En France, 6% des rues portent un nom de femme. Pour la seule voirie, ce chiffre tombe à 5% dans le 5e arrondissement de Lyon (contre 43% de noms masculins, et 52% de noms neutres).
Elles ne sont en réalité que six femmes à avoir explicitement leur nom sur une rue ou allée de notre arrondissement : Pauline Jaricot, Mère Élisabeth Rivet, Soeur Janin, Soeur Bouvier et Anne-Marie et Marie-Louise Soucelier. S’ajoutent la rue des Estrées, mais sans référence explicite à Gabrielle des Estrées, ou encore les impasses de la Joconde et de la Reine, les rues Henriette et des Trois Maries.
L’injustice mémorielle la plus flagrante de notre arrondissement se situe sans doute rue « Joliot-Curie », qui ne fait référence qu’à Frédéric et non à Irène, alors que les deux ont reçu le Prix Nobel de Chimie, et que seule la seconde a été membre d’un gouvernement français. C’était d’ailleurs l’une des trois premières, en 1936.

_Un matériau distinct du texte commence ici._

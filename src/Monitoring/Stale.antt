-- ===== src/Monitoring/Stale.antt =====
-- After the stale submissions are expired there are none left, and the call always ends.
use bazos.Base.{
  ℕ, ◌≡◌, refl, sym, ap, ◌∙◌, subst, Option, none, some, List, [], map, true, false, Exists, inl,
  inr, String, ◌==◌, nat_eq, ==-iff, length, &&-eq-true, ◌&&◌, Option-cases, All-map, All-select,
  All-weaken, length-map, select-eq-nil, Exists-weaken, select-Exists, map-Exists, Exists-keyed,
}
use bazos.Store.{
  Store, BazosAd, BazosPublishAttempt, AttemptStatus-discrete, ok, return, bazos_ad,
  bazos_publish_attempt, by_key,
}
use bazos.Store.Avoids.{Avoids, IsOther, avoids_rules, >>=-Avoids, update-Avoids}
use bazos.Store.Runs.{Ends, bind-Ends, update-Ends, by_key-key, join-Ends}
use bazos.Store.Loops.{
  for_each, for_each-Avoids, for_each-clears, update_where-clears, Avoids-Ends, Runs, >>=-Runs,
  return-Runs, for_each-Runs,
}
use bazos.Store.Held.{update-Runs, Has, Has-update, by_key_self}
use bazos.Publisher.Claim.{identity_ids_for_user, ad_of, linked_ad}
use bazos.Monitoring.{
  is_stale, fail_stale, fail_ad_of, expire_one, stale_before, stale_attempts, find_stale,
  expire_stale_submissions, started_before,
}

ads-IsOther : IsOther bazos_publish_attempt bazos_ad
ads-IsOther = record { kept = λ rs s. refl }

module _ (before : ℕ) (ids : List ℕ) (k : ℕ) where
  -- The attempt `k`, stale.
  abbrev IsStale : BazosPublishAttempt → Type 0
  IsStale a = (a.id ≡ k) × (is_stale before ids a ≡ true)

  failed-not_stale :
      (now : ℕ) (a : BazosPublishAttempt) → ¬ is_stale before ids (fail_stale now a) ≡ true
  unfolding is_stale AttemptStatus-discrete
  failed-not_stale now a e =
      let h : (false && started_before before a.started_at) ≡ true = (&&-eq-true _ _ e).1 in cc h

  fail_ad_of-Avoids : (o : Option BazosAd) → Avoids bazos_publish_attempt IsStale (fail_ad_of o)
  fail_ad_of-Avoids none = search avoids_rules
  fail_ad_of-Avoids (some ad) = search (avoids_rules, ads-IsOther)

  expire_one-Avoids :
      (now : ℕ) (p : BazosPublishAttempt × Option BazosAd)
      → Avoids bazos_publish_attempt IsStale (expire_one now p)
  unfolding expire_one
  expire_one-Avoids now (a, o) =
      >>=-Avoids _ _
        (update-Avoids _ _ a.id (fail_stale now) (λ x _ h. absurd (failed-not_stale now x (h.1))))
        λ _. fail_ad_of-Avoids o

  expire_one-clears :
      (now : ℕ) (p : BazosPublishAttempt × Option BazosAd) (s u : Store) (y : Unit {0})
      → p.0.id ≡ k
      → Ends (expire_one now p) s y u
      → ¬ Exists IsStale u.attempts
  unfolding expire_one
  expire_one-clears now (a, o) s u y same e after =
      let (_, t, updated, rest) = bind-Ends e in
      let (_, _, _, written) = update-Ends bazos_publish_attempt a.id (fail_stale now) updated in
      update_where-clears IsStale (λ x. x.id == a.id) (fail_stale now)
        (λ x h. (==-iff _ _).1 (h.0 ∙ sym same)) (λ x h. failed-not_stale now x (h.1)) s.attempts
        (subst (λ (v : Store). Exists IsStale v.attempts) (sym written)
          (Avoids-Ends bazos_publish_attempt IsStale (fail_ad_of o) (fail_ad_of-Avoids o) rest
            after))

  -- The loop leaves attempt `k` stale only if it was stale and not in the list.
  expired-clears :
      (now : ℕ) (l : List (BazosPublishAttempt × Option BazosAd)) {s u : Store}
      {ys : List (Unit {0})}
      → Ends (for_each (expire_one now) l) s ys u
      → Exists (λ (p : BazosPublishAttempt × Option BazosAd). p.0.id ≡ k) l
      → ¬ Exists IsStale u.attempts
  expired-clears now l e listed =
      for_each-clears bazos_publish_attempt IsStale (expire_one now) _ (expire_one-Avoids now)
        (expire_one-clears now) l listed e

-- From `s` to `t` no attempt and no ad is lost, and the identities stay as they are.
abbrev NoLoss : Store → Store → Type 0
NoLoss s t =
    ((k : ℕ) → Has bazos_publish_attempt k s → Has bazos_publish_attempt k t)
    × ((k : ℕ) → Has bazos_ad k s → Has bazos_ad k t)
    × (t.identities ≡ s.identities)

abbrev HasAd : Store → Option BazosAd → Type 0
HasAd s none = Unit
HasAd s (some ad) = Has bazos_ad ad.id s

module _ (s : Store) where
  fail_ad_of-Runs : (o : Option BazosAd) → HasAd s o → Runs (NoLoss s) (fail_ad_of o)
  fail_ad_of-Runs none h = return-Runs (NoLoss s) tt
  fail_ad_of-Runs (some ad) h =
      >>=-Runs (NoLoss s)
        (update-Runs bazos_ad (NoLoss s) ad.id _ (λ t p. p.1 ad.id h)
          λ t p. (p.0, λ k q. Has-update bazos_ad _ (λ x. refl) ad.id k t (p.1 k q), p.2))
        λ _. return-Runs (NoLoss s) tt

  expire_one-Runs :
      (now : ℕ) (p : BazosPublishAttempt × Option BazosAd)
      → Has bazos_publish_attempt p.0.id s × HasAd s p.1
      → Runs (NoLoss s) (expire_one now p)
  unfolding expire_one
  expire_one-Runs now (a, o) (has_attempt, has_ad) =
      >>=-Runs (NoLoss s)
        (update-Runs bazos_publish_attempt (NoLoss s) a.id (fail_stale now)
          (λ t p. p.0 a.id has_attempt)
          λ t p. (
            λ k q. Has-update bazos_publish_attempt (fail_stale now) (λ x. refl) a.id k t (p.0 k q),
            p.1,
            p.2,
          ))
        λ _. fail_ad_of-Runs o has_ad

  linked_ad-HasAd : (o : Option ℕ) → HasAd s (linked_ad o s.ads)
  linked_ad-HasAd none = tt
  linked_ad-HasAd (some k) = elim (Option-cases (by_key (λ (x : BazosAd). x.id) k s.ads)) [
    | inl missing ↦ rw missing tt
    | inr (ad, found) ↦
        let here : Has bazos_ad ad.id s = (
          ad,
          ap (λ n. by_key (λ (x : BazosAd). x.id) n s.ads) (by_key-key _ k s.ads ad found) ∙ found,
        ) in
        rw found here
  ]

  -- The call ends, and changes no identity.
  expire-Ends :
      (now : ℕ) (user_id : String) (max_age_minutes : Option ℕ)
      → (u : Store) × (ys : List (Unit {0})) × Ends
          (for_each
            (expire_one now)
            (map (λ a. (a, ad_of s a)) (stale_attempts now user_id max_age_minutes s)))
          s
          ys
          u
        × (u.identities ≡ s.identities)
  unfolding stale_attempts
  expire-Ends now user_id max_age_minutes =
      let l = map (λ a. (a, ad_of s a)) (stale_attempts now user_id max_age_minutes s) in
      let listed =
        All-map
          (λ (p : BazosPublishAttempt × Option BazosAd).
            Has bazos_publish_attempt p.0.id s × HasAd s p.1)
          (λ a. (a, ad_of s a)) _
          (All-select _ (is_stale _ _) s.attempts (
            All-weaken _ (λ a here. (here, linked_ad-HasAd a.ad_id)) s.attempts
              (by_key_self (λ (a : BazosPublishAttempt). a.id) s.attempts))) in
      let (ys, done, kept) =
        (for_each-Runs (NoLoss s) (expire_one now) _ (expire_one-Runs now) l listed).at s
          (λ k h. h, λ k h. h, refl) in
      ((for_each (expire_one now) l s).1, ys, record { value = done; store = refl }, kept.2)

stale-eq-nil :
    (now : ℕ) (user_id : String) (max_age_minutes : Option ℕ) (s u : Store)
    → u.identities ≡ s.identities
    → ((k : ℕ)
        → ¬ Exists
            (IsStale
              (stale_before now max_age_minutes)
              (identity_ids_for_user user_id s.identities)
              k)
            u.attempts)
    → stale_attempts now user_id max_age_minutes u ≡ []
unfolding stale_attempts
stale-eq-nil now user_id max_age_minutes s u same none_left = select-eq-nil _ u.attempts λ e.
    let (k, left) = Exists-keyed _ (λ (a : BazosPublishAttempt). a.id) u.attempts e in
    none_left k (
      subst
        (λ is.
          Exists (IsStale (stale_before now max_age_minutes) (identity_ids_for_user user_id is) k)
            u.attempts)
        same left)

was_listed :
    (now : ℕ) (user_id : String) (max_age_minutes : Option ℕ) (s : Store) (k : ℕ)
    → Exists
        (IsStale (stale_before now max_age_minutes) (identity_ids_for_user user_id s.identities) k)
        s.attempts
    → Exists
        (λ (p : BazosPublishAttempt × Option BazosAd). p.0.id ≡ k)
        (map (λ a. (a, ad_of s a)) (stale_attempts now user_id max_age_minutes s))
unfolding stale_attempts
was_listed now user_id max_age_minutes s k e =
    map-Exists (λ (p : BazosPublishAttempt × Option BazosAd). p.0.id ≡ k) (λ a. (a, ad_of s a)) _
      (select-Exists _ (λ (a : BazosPublishAttempt). a.id ≡ k) s.attempts
        (Exists-weaken _ (λ a h. (h.1, h.0)) s.attempts e))

-- Expiring stale submissions always ends and says how many there were. Afterwards none is left: no
-- attempt of the user is still being submitted that was started before the time limit.
pub expire_stale_submissions-clears :
    (now : ℕ) (user_id : String) (max_age_minutes : Option ℕ) (s : Store)
    → (u : Store) × Ends
        (expire_stale_submissions now user_id max_age_minutes)
        s
        (length (stale_attempts now user_id max_age_minutes s))
        u
      × (stale_attempts now user_id max_age_minutes u ≡ [])
unfolding expire_stale_submissions find_stale return
expire_stale_submissions-clears now user_id max_age_minutes s =
    let (u, ys, loop, identities) = expire-Ends s now user_id max_age_minutes in
    let before = stale_before now max_age_minutes in
    let ids = identity_ids_for_user user_id s.identities in
    (
      u,
      join-Ends (find_stale now user_id max_age_minutes) _ (record { value = refl; store = refl })
          (join-Ends _ _ loop (record { value = ap ok (length-map _ _); store = refl })),
      stale-eq-nil now user_id max_age_minutes s u identities λ k left.
          expired-clears before ids k now _ loop
            (was_listed now user_id max_age_minutes s k (
              Avoids-Ends bazos_publish_attempt (IsStale before ids k) _
                (for_each-Avoids bazos_publish_attempt _ (expire_one now)
                  (expire_one-Avoids before ids k now) _)
                loop left))
            left,
    )
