-- ===== src/Monitoring/Tests.antt =====
-- The theorems on the monitoring service at concrete stores.
use bazos.Publisher.Claim.{identity_ids_for_user}
use bazos.Base.{
  ◌≡◌, refl, none, some, List, [], ◌∷◌, true, select, length, All, ◌-◌, Optional-discrete,
  String-discrete, ℕ_discrete, any,
}
use bazos.Store.{Store, submitting, AttemptStatus-discrete}
use bazos.Store.Runs.{Ends}
use bazos.Fixtures.{shop, waiting_attempt, noon, hour}
use bazos.Monitoring.{
  CountResult, is_asked_for, reconcile_identity_counts, expire_stale_submissions, stale_attempts,
  is_stale, started_before,
}
use bazos.Monitoring.Counts.{tracked_count, reconcile_identity_counts-counts}
use bazos.Monitoring.Stale.{expire_stale_submissions-clears}

abbrev hung : Store
hung = record shop {
  attempts = record waiting_attempt { status = submitting; started_at = some (noon - hour) } ∷ [];
}

one_stale : length (stale_attempts noon "eva" none hung) ≡ 1
unfolding stale_attempts select is_stale identity_ids_for_user Optional-discrete String-discrete
    ℕ_discrete AttemptStatus-discrete any started_before
one_stale = refl

expire_stale_submissions-clears_example :
    (u : Store) × Ends
      (expire_stale_submissions noon "eva" none)
      hung
      (length (stale_attempts noon "eva" none hung))
      u
    × (stale_attempts noon "eva" none u ≡ [])
expire_stale_submissions-clears_example = expire_stale_submissions-clears noon "eva" none hung

reconcile_identity_counts-counts_example :
    (t : Store) × (rs : List CountResult) × Ends
      (reconcile_identity_counts "eva" (some 1))
      shop
      rs
      t
    × (t.ads ≡ shop.ads)
    × All
        (λ i. is_asked_for "eva" (some 1) i ≡ true → i.active_ad_count ≡ tracked_count i.id t.ads)
        t.identities
unfolding select Optional-discrete String-discrete ℕ_discrete
reconcile_identity_counts-counts_example = reconcile_identity_counts-counts "eva" (some 1) shop refl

MÉMOIRE DES FEMMES DANS L’ESPACE PUBLIC : 

SORTIR DE L’INVISIBILISATION

Cette invisibilisation est ancienne. Déjà dans le plan scénographique de Lyon de 1550, on ne distingue que 37 femmes parmi les 428 personnages représentés dans l’espace public, soit 8,6%. Sur la fresque des Lyonnais de 1995 qui se trouve dans le 1er arrondissement, elles ne sont que cinq femmes sur 31 personnages (16,1%), dont aucune parmi les six contemporains.
Est-ce parce que les femmes ne font rien de notable, ou ne sont à la source d’aucun acte héroïque, d’aucune découverte ? Certainement pas. Les temps changent, et les femmes prennent la place qui leur est due, dans les différentes sphères de notre société (politique, sciences, culture, sports), même si des résistances parfois féroces perdurent. Le combat pour rendre plus visible la mémoire des femmes à travers les siècles s’amorce tout juste.
Cette exposition vous donne à voir 29 portraits de femmes qui ont leur nom dans l’espace public de notre arrondissement… ou pourraient légitimement y prétendre. Preuve qu’en cherchant un peu, on trouve facilement des femmes aux parcours passionnants, mais qui n’ont pas toujours eu la reconnaissance qu’elles méritaient, des femmes dont l’Histoire et surtout ceux qui l’écrivent ont parfois effacé la mémoire.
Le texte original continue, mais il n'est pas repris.